[[ Raw data open ]]

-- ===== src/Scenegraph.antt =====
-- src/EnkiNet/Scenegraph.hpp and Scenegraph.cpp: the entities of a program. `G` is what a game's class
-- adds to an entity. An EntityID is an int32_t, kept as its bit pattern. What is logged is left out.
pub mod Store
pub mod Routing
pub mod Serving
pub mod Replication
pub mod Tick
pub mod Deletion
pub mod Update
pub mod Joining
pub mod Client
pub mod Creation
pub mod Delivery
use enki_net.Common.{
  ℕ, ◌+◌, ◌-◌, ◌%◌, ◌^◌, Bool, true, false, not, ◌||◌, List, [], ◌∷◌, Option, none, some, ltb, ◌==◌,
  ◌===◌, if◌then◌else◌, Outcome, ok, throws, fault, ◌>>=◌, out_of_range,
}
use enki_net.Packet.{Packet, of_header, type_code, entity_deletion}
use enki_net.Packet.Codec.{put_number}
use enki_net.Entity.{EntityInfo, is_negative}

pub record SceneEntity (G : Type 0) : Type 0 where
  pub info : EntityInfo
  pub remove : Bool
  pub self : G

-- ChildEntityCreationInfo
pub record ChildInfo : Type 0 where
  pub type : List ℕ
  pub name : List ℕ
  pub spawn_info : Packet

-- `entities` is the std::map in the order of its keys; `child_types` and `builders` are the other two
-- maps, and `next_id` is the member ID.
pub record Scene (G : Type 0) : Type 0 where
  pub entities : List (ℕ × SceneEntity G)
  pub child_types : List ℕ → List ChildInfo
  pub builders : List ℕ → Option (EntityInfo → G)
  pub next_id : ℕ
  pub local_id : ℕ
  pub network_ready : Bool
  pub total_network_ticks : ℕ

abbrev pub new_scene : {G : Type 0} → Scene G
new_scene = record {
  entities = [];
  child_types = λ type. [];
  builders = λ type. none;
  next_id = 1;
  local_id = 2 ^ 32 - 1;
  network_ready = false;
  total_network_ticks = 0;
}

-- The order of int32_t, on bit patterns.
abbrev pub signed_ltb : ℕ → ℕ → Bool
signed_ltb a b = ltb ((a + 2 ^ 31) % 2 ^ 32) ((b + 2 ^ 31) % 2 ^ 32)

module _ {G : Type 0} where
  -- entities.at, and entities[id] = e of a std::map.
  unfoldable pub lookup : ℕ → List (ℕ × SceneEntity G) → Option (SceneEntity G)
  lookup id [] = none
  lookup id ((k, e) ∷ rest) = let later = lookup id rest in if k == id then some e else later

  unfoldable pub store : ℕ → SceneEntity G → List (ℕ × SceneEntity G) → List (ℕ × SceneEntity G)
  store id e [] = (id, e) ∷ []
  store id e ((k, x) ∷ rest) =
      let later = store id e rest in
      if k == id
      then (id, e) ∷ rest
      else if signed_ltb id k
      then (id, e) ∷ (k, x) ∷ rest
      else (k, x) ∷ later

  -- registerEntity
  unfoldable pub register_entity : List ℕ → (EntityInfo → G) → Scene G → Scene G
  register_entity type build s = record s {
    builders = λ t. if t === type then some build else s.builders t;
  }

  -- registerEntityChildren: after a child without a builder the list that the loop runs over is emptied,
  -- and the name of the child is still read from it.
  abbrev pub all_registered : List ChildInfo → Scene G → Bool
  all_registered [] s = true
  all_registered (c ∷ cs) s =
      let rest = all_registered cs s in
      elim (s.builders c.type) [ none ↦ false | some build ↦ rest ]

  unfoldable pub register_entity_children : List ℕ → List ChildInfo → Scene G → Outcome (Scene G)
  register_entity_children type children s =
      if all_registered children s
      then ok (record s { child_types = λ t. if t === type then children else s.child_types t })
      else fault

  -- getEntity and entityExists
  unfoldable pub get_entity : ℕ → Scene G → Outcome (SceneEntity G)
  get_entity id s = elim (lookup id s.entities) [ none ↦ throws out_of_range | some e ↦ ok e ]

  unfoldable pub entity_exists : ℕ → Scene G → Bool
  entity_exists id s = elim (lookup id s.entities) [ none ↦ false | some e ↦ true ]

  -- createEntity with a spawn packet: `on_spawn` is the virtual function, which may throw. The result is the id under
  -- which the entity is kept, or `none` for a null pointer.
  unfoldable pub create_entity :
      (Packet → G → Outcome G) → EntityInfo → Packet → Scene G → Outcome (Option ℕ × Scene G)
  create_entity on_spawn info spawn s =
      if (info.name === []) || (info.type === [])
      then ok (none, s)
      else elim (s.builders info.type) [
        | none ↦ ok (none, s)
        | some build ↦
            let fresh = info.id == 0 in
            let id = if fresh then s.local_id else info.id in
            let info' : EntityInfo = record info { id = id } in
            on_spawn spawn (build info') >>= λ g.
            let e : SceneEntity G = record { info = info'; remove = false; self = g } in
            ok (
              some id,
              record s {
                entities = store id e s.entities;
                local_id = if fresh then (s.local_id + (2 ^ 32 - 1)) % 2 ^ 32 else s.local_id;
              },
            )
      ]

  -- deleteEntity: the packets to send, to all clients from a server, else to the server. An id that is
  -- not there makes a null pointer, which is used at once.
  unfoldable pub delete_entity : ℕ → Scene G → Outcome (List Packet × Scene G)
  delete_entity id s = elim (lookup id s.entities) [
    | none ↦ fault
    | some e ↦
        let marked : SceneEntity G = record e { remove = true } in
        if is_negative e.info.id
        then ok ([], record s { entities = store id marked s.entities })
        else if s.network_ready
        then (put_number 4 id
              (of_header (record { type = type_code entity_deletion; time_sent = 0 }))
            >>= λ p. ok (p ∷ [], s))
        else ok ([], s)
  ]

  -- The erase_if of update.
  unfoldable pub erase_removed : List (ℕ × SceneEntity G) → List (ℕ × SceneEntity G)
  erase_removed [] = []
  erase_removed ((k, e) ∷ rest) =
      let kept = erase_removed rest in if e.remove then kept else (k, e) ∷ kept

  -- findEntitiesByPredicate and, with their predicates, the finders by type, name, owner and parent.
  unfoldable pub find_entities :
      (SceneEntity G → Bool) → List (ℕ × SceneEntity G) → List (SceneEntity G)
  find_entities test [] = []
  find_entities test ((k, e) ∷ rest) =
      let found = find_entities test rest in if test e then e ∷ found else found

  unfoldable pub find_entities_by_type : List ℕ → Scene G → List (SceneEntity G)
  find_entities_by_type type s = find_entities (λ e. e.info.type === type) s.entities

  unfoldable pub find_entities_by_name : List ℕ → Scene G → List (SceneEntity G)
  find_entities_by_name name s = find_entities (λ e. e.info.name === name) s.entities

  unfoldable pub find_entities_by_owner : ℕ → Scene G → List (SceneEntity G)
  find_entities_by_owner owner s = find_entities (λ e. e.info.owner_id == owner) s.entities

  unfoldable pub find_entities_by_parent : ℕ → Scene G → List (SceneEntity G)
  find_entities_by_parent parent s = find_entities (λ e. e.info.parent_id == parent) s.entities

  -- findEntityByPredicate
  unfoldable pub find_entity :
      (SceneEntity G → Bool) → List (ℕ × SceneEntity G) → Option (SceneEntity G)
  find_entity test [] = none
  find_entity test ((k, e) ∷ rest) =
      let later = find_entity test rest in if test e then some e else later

[[ Raw data closed ]]
[[ Raw data open ]]

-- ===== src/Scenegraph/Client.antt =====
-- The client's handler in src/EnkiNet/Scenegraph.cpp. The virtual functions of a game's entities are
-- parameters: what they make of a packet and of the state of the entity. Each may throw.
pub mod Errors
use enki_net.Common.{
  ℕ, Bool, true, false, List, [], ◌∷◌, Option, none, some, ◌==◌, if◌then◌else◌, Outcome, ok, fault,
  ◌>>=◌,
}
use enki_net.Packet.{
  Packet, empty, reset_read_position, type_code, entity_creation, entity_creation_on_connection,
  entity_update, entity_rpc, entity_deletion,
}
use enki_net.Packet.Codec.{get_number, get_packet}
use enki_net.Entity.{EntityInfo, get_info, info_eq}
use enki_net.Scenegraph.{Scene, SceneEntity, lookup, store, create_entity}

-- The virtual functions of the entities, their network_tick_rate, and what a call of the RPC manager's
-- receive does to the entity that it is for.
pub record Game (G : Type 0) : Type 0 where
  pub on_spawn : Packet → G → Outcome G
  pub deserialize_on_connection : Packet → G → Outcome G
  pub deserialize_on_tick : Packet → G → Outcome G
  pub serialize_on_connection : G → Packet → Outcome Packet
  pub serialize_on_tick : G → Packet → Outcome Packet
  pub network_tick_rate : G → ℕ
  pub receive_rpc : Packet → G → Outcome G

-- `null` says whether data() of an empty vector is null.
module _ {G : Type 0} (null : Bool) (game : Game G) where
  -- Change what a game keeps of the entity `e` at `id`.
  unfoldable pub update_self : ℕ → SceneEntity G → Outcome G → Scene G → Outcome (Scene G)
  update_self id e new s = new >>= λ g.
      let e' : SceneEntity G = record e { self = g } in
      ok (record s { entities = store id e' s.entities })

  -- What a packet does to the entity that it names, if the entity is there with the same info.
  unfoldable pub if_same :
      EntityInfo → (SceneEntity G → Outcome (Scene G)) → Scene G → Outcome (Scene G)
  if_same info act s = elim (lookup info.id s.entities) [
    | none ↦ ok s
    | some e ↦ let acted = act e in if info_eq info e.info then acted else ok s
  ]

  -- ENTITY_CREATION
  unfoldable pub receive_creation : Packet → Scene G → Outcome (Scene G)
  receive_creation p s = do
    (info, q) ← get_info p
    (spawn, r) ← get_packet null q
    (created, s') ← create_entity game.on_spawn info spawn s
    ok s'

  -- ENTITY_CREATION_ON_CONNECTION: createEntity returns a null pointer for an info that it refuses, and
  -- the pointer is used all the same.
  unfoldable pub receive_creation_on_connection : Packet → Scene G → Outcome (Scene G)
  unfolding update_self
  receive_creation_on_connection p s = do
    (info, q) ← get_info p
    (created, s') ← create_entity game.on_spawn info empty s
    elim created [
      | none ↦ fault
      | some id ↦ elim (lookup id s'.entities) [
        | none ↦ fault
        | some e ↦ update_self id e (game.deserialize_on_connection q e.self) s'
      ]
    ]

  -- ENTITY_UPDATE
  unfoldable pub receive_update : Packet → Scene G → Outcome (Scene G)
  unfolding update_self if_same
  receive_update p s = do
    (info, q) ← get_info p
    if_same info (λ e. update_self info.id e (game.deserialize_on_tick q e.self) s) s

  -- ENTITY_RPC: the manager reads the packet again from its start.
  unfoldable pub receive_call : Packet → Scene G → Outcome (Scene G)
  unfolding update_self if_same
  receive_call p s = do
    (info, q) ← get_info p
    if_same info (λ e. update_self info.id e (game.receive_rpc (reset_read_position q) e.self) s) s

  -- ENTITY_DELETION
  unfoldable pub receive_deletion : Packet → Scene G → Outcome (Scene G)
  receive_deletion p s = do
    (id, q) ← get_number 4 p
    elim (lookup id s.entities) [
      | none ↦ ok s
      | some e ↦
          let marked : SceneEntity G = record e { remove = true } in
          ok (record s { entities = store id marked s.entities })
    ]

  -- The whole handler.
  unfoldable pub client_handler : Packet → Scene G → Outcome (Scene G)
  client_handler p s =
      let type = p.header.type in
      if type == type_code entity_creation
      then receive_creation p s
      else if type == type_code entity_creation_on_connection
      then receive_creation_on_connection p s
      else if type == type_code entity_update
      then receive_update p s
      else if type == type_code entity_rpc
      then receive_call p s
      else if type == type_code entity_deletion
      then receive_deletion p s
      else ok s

[[ Raw data closed ]]

> **Aim of the exercise**: Your answer must be a single number: how many lines of the entries above contain the string "their".

> **Exercise result**: 2